Date Tue, 15 Jan 2008 10:51:24 GMT
I opened a Jira on this issue:

And attached a patch that I worked up to address this.  This is 
implemented by plugging a SessionCache instance into the AsyncHttpClient 
instance.  A couple notes about this:

   1. I chose to use a set method instead of the a constructor argument
      because the number of permutations of the constructors is already
      a bit high.  It might be better as a constructor argument, but I
      don't think we want to try to add a permutations for all of the
   2. The reuseConnection attribute became redundant when this was
      added.  The cache is now used to trigger the reuse behavior. 

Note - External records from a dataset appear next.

-- ===== src/Webhook/Staging.antt =====
-- A fan-out is staged as a whole or not at all.
use go_service_template_rest.Base.{
  ℕ, suc, ◌+◌, ◌≤◌, ◌≡◌, ◌≢◌, refl, sym, ap, ◌∙◌, subst, Bool, true, false, List, [], ◌∷◌, Option,
  none, some, Bytes, length, Bool-cases, inl, inr, ◌⊎◌, arith, All, eq_bytes, eq_bytes→eq,
  eq_bytes_refl, &&-true,
}
use go_service_template_rest.Base.GoError.{Result, ok, err, ◌>>=◌, >>=-ok}
use go_service_template_rest.Webhook.{DeliveryArgs, Library}
use go_service_template_rest.Webhook.Dispatcher.{
  Jobs, Inserted, fresh, duplicate, matches_fanout, encoded_matches_fanout, counted_insert,
  wrap_insert, stage_all, staged, stage,
}

module _ (lib : Library) {Table : Type 0} (jobs : Jobs Table) where
  open lib use {decode_args}
  open jobs use {encode, stored, insert_tx, inserts, skips}

  -- There is no job for the delivery, there is its own, and there is one of the same fan-out.
  abbrev pub Absent : Table → DeliveryArgs → Type 0
  Absent t d = stored t d.acceptance_id ≡ none

  abbrev pub Present : Table → DeliveryArgs → Type 0
  Present t d = stored t d.acceptance_id ≡ some (encode d)

  abbrev pub Replayed : Table → DeliveryArgs → Type 0
  Replayed t d =
      (job : Bytes) × (got : DeliveryArgs) × (stored t d.acceptance_id ≡ some job)
      × (decode_args job ≡ some got)
      × (got.delivery_id ≡ d.delivery_id)
      × (got.fanout_fingerprint ≡ d.fanout_fingerprint)

  abbrev Run : DeliveryArgs → List DeliveryArgs → Table → ℕ → ℕ → Table × ℕ × ℕ → Type 0
  Run d ds t a f r =
      ((v : Table) × (insert_tx t d ≡ ok (v, fresh)) × (stage_all lib jobs ds v (suc a) f ≡ ok r))
      ⊎ ((v : Table) × (job : Option Bytes) × (insert_tx t d ≡ ok (v, duplicate job))
          × (encoded_matches_fanout lib job d ≡ true)
          × (stage_all lib jobs ds v a (suc f) ≡ ok r))

  inserted-cases :
      (d : DeliveryArgs) (ds : List DeliveryArgs) (t : Table) (a f : ℕ) (r : Table × ℕ × ℕ)
      (o : Result (Table × Inserted))
      → insert_tx t d ≡ o
      → (wrap_insert lib jobs o >>= counted_insert lib jobs d (stage_all lib jobs ds) a f) ≡ ok r
      → Run d ds t a f r
  inserted-cases d ds t a f r (err e) same h = cc
  inserted-cases d ds t a f r (ok (v, fresh)) same h = inl (v, same, h)
  inserted-cases d ds t a f r (ok (v, duplicate job)) same h =
      elim (Bool-cases (encoded_matches_fanout lib job d)) [
        | inl e ↦ inr (v, job, same, e, rw e at h)
        | inr e ↦ let broken = rw e at h in cc broken
      ]

  run-cases :
      (d : DeliveryArgs) (ds : List DeliveryArgs) (t : Table) (a f : ℕ) (r : Table × ℕ × ℕ)
      → stage_all lib jobs (d ∷ ds) t a f ≡ ok r
      → Run d ds t a f r
  unfolding stage_all
  run-cases d ds t a f r h = inserted-cases d ds t a f r (insert_tx t d) refl h

  counts :
      (ds : List DeliveryArgs) (t u : Table) (a f b g : ℕ)
      → stage_all lib jobs ds t a f ≡ ok (u, b, g)
      → (a ≤ b) × (f ≤ g) × (b + g ≡ a + f + length ds)
  unfolding stage_all
  counts [] t u a f b g h = ground arith
  counts (d ∷ ds) t u a f b g h = elim (run-cases d ds t a f (u, b, g) h) [
    | inl (v, e, rest) ↦ omega (arith, counts ds v u (suc a) f b g rest)
    | inr (v, job, e, m, rest) ↦ omega (arith, counts ds v u a (suc f) b g rest)
  ]

  -- An insertion leaves what is there.
  inserted-keeps :
      (t v : Table) (d : DeliveryArgs) (key job : Bytes)
      → insert_tx t d ≡ ok (v, fresh)
      → stored t key ≡ some job
      → stored v key ≡ some job
  inserted-keeps t v d key job e h =
      let (absent, after) = inserts t v d e in
      elim (Bool-cases (eq_bytes key d.acceptance_id)) [
        | inl same ↦
            let k = eq_bytes→eq key d.acceptance_id same in
            let gone : stored t key ≡ none = ap (stored t) k ∙ absent in cc
        | inr other ↦ after key ∙ rw other h
      ]

  inserted-frame :
      (t v : Table) (d : DeliveryArgs) (key : Bytes)
      → insert_tx t d ≡ ok (v, fresh)
      → eq_bytes key d.acceptance_id ≡ false
      → stored v key ≡ stored t key
  inserted-frame t v d key e other = (inserts t v d e).1 key ∙ rw other refl

  inserted-Present : (t v : Table) (d : DeliveryArgs) → insert_tx t d ≡ ok (v, fresh) → Present v d
  inserted-Present t v d e =
      (inserts t v d e).1 d.acceptance_id ∙ rw (eq_bytes_refl d.acceptance_id) refl

  -- What was absent behind an insertion was absent in front of it.
  inserted-Absent :
      (t v : Table) (d c : DeliveryArgs) → insert_tx t d ≡ ok (v, fresh) → Absent v c → Absent t c
  inserted-Absent t v d c e h = go (stored t c.acceptance_id) refl
    where
      go : (o : Option Bytes) → stored t c.acceptance_id ≡ o → Absent t c
      go none same = same
      go (some job) same = let kept = inserted-keeps t v d c.acceptance_id job e same in cc

  skipped-Replayed :
      (t v : Table) (d : DeliveryArgs) (job : Option Bytes)
      → insert_tx t d ≡ ok (v, duplicate job)
      → encoded_matches_fanout lib job d ≡ true
      → Replayed t d
  unfolding encoded_matches_fanout matches_fanout
  skipped-Replayed t v d none e m = cc
  skipped-Replayed t v d (some job) e m = go (decode_args job) refl
    where
      absurd_of : false ≡ true → Replayed t d
      absurd_of broken = cc

      go : (o : Option DeliveryArgs) → decode_args job ≡ o → Replayed t d
      go none same = absurd_of (rw (same, encoded_matches_fanout) at m)
      go (some got) same =
          let (ids, prints) =
            &&-true (eq_bytes got.delivery_id d.delivery_id)
              (eq_bytes got.fanout_fingerprint d.fanout_fingerprint)
              (rw (same, encoded_matches_fanout) at m) in
          (
            job,
            got,
            sym (skips t v d (some job) e).1,
            same,
            eq_bytes→eq got.delivery_id d.delivery_id ids,
            eq_bytes→eq got.fanout_fingerprint d.fanout_fingerprint prints,
          )

  all_fresh :
      (ds : List DeliveryArgs) (t u : Table) (a b f : ℕ)
      → stage_all lib jobs ds t a f ≡ ok (u, b, f)
      → All (Absent t) ds
        × All (Present u) ds
        × ((key job : Bytes) → stored t key ≡ some job → stored u key ≡ some job)
        × ((key : Bytes)
            → All (λ d. eq_bytes key d.acceptance_id ≡ false) ds
            → stored u key ≡ stored t key)
  unfolding stage_all
  all_fresh [] t u a b f h =
      let same : u ≡ t = ground arith in
      (tt, tt, (λ key job present. rw same present), (λ key others. ap (λ x. stored x key) same))
  all_fresh (d ∷ ds) t u a b f h = elim (run-cases d ds t a f (u, b, f) h) [
    | inl (v, e, rest) ↦
        let (absent, present, keeps, frame) = all_fresh ds v u (suc a) b f rest in
        (
          ((inserts t v d e).0, All-Absent t v d ds e absent),
          (keeps d.acceptance_id (encode d) (inserted-Present t v d e), present),
          (λ key job there. keeps key job (inserted-keeps t v d key job e there)),
          (λ key others. frame key others.1 ∙ inserted-frame t v d key e others.0),
        )
    | inr (v, job, e, m, rest) ↦ absurd (omega (arith, counts ds v u a (suc f) b f rest))
  ]
    where
      All-Absent :
          (t v : Table) (d : DeliveryArgs) (ds : List DeliveryArgs)
          → insert_tx t d ≡ ok (v, fresh)
          → All (Absent v) ds
          → All (Absent t) ds
      All-Absent t v d [] e h = tt
      All-Absent t v d (c ∷ cs) e (first, rest) =
          (inserted-Absent t v d c e first, All-Absent t v d cs e rest)

  all-Replayed :
      (ds : List DeliveryArgs) (t u : Table) (a f g : ℕ)
      → stage_all lib jobs ds t a f ≡ ok (u, a, g)
      → (u ≡ t) × All (Replayed t) ds
  unfolding stage_all
  all-Replayed [] t u a f g h = (ground arith, tt)
  all-Replayed (d ∷ ds) t u a f g h = elim (run-cases d ds t a f (u, a, g) h) [
    | inl (v, e, rest) ↦ absurd (omega (arith, counts ds v u (suc a) f a g rest))
    | inr (v, job, e, m, rest) ↦
        let same = (skips t v d job e).0 in
        let (unchanged, replayed) = all-Replayed ds v u a (suc f) g rest in
        (
          unchanged ∙ same,
          (skipped-Replayed t v d job e m, subst (λ x. All (Replayed x) ds) same replayed),
        )
  ]

  -- Staged as new, and found as it was staged.
  abbrev pub StagedNew : List DeliveryArgs → Table → Table → Type 0
  StagedNew ds t u =
      All (Absent t) ds
      × All (Present u) ds
      × ((key : Bytes)
          → All (λ d. eq_bytes key d.acceptance_id ≡ false) ds
          → stored u key ≡ stored t key)

  abbrev pub FoundWhole : List DeliveryArgs → Table → Table → Type 0
  FoundWhole ds t u = (u ≡ t) × All (Replayed t) ds

  staged-cases :
      (b g : ℕ) (u v : Table) (inserted : Bool)
      → staged lib jobs (u, b, g) ≡ ok (v, inserted)
      → (v ≡ u) × (((b ≡ 0) × (inserted ≡ false)) ⊎ ((g ≡ 0) × (b ≢ 0) × (inserted ≡ true)))
  staged-cases b g u v inserted h = ground arith

  -- `Stage` succeeds in two ways. It inserts the whole fan-out, of which nothing was there, and leaves
  -- all other jobs as they are; or it inserts nothing, and every delivery has a job with its delivery
  -- id and the fingerprint of the whole fan-out. A part of a fan-out is never staged.
  pub stage_whole :
      (ds : List DeliveryArgs) (t u : Table) (inserted : Bool)
      → stage lib jobs ds t ≡ ok (u, inserted)
      → ((inserted ≡ true) × StagedNew ds t u) ⊎ ((inserted ≡ false) × FoundWhole ds t u)
  unfolding stage
  stage_whole [] t u inserted h = cc
  stage_whole (d ∷ ds) t u inserted h =
      let (r, run, last) = >>=-ok (stage_all lib jobs (d ∷ ds) t 0 0) _ h in
      let (same, how) = staged-cases r.1 r.2 r.0 u inserted last in
      elim how [
        | inl (none_added, old) ↦
            let found : stage_all lib jobs (d ∷ ds) t 0 0 ≡ ok (r.0, 0, r.2) =
              run ∙ ap (λ x. ok (r.0, x, r.2)) none_added in
            let (unchanged, replayed) = all-Replayed (d ∷ ds) t r.0 0 0 r.2 found in
            inr (old, (same ∙ unchanged, replayed))
        | inr (none_found, _, new) ↦
            let added : stage_all lib jobs (d ∷ ds) t 0 0 ≡ ok (r.0, r.1, 0) =
              run ∙ ap (λ x. ok (r.0, r.1, x)) none_found in
            let (absent, present, _, frame) = all_fresh (d ∷ ds) t r.0 0 r.1 0 added in
            inl (new, subst (StagedNew (d ∷ ds) t) (sym same) (absent, present, frame))
      ]

  module _ (decodes : (d : DeliveryArgs) → decode_args (encode d) ≡ some d)
      (answers : (t : Table) (d : DeliveryArgs)
        → (r : Table × Inserted) × (insert_tx t d ≡ ok r)) where
    -- A job that is there answers as a duplicate.
    Present-skips :
        (u : Table) (d : DeliveryArgs)
        → Present u d
        → insert_tx u d ≡ ok (u, duplicate (some (encode d)))
    Present-skips u d there = go (answers u d).0 (answers u d).1
      where
        go :
            (r : Table × Inserted)
            → insert_tx u d ≡ ok r
            → insert_tx u d ≡ ok (u, duplicate (some (encode d)))
        go (v, fresh) e = let absent = (inserts u v d e).0 in cc
        go (v, duplicate job) e =
            let (same, found) = skips u v d job e in
            e ∙ (λ i. ok (same i, duplicate ((found ∙ there) i)))

    own_matches : (d : DeliveryArgs) → encoded_matches_fanout lib (some (encode d)) d ≡ true
    unfolding encoded_matches_fanout matches_fanout
    own_matches d =
        rw
          (
            decodes d,
            encoded_matches_fanout,
            eq_bytes_refl d.delivery_id,
            eq_bytes_refl d.fanout_fingerprint,
          )
          refl

    Present-run :
        (ds : List DeliveryArgs) (u : Table) (f : ℕ)
        → All (Present u) ds
        → stage_all lib jobs ds u 0 f ≡ ok (u, 0, f + length ds)
    unfolding stage_all
    Present-run [] u f h = ap (λ x. ok (u, 0, x)) (omega arith)
    Present-run (d ∷ ds) u f (first, rest) =
        rw (Present-skips u d first, own_matches d)
          (Present-run ds u (suc f) rest ∙ ap (λ x. ok (u, 0, x)) (omega arith))

    -- Where River answers every insertion and arguments are read back as they were written, a fan-out
    -- that was staged as new is found whole when it is staged again, and nothing changes.
    pub stage_again :
        (ds : List DeliveryArgs) (t u : Table)
        → stage lib jobs ds t ≡ ok (u, true)
        → stage lib jobs ds u ≡ ok (u, false)
    unfolding stage
    stage_again [] t u h = cc
    stage_again (d ∷ ds) t u h = elim (stage_whole (d ∷ ds) t u true h) [
      | inl (_, new) ↦ rw (Present-run (d ∷ ds) u 0 new.1) (ground arith)
      | inr (broken, _) ↦ cc
    ]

Please comment on the patch.  I'll not commit anything until it appears 
we have consensus.


Sangjin Lee wrote:
> Yes, if you used a different configuration for the SSL, then it would 
> be another issue.
> The questions are:
> - Do we want to even allow an option for using a shared connection cache?
> The benefit of a shared connection cache is ... just that; connection 
> reuse will be maximized for the given process.  However, the drawback 
> is that you may run into unexpected socket configuration/SSL 
> configuration behavior when you hand the connections to a different 
> client instance.
> - If we do allow it, what should be the default?
> I think *not* sharing the connection cache might be a better default 
> behavior.
> Thanks,
> Sangjin
> On 1/14/08, *Jarek Gawor* < <>> 
> wrote:
>     On 1/14/08, Sangjin Lee <
>     <>> wrote:
>     > It's a good point...  Currently the session cache is global, and all
>     > AsyncHttpClient instances are forced to share it.  The main
>     thing that
>     > concerns me is that as a result the connections will retain all
>     the socket
>     > properties that came from the AsyncHttpClient instance that
>     opened the
>     > connection.  This might not be intuitive to say the least.  For
>     example, one
>     > AsyncHttpClient instance opens a connection with TCP delay
>     disabled, and
>     > then another instance (this time with TCP delay enabled) comes
>     along and
>     > picks up this connection for reuse.  Contrary to what it
>     expects, it would
>     > get a connection with TCP delay disabled.
>     Right and this might be a bigger issue for SSL connections where you
>     might need to distinguish between cached connections based on the
>     client certs, CA certs, or enabled cipher suites (but I'm not sure if
>     these options can be set on the AsyncHttpClient).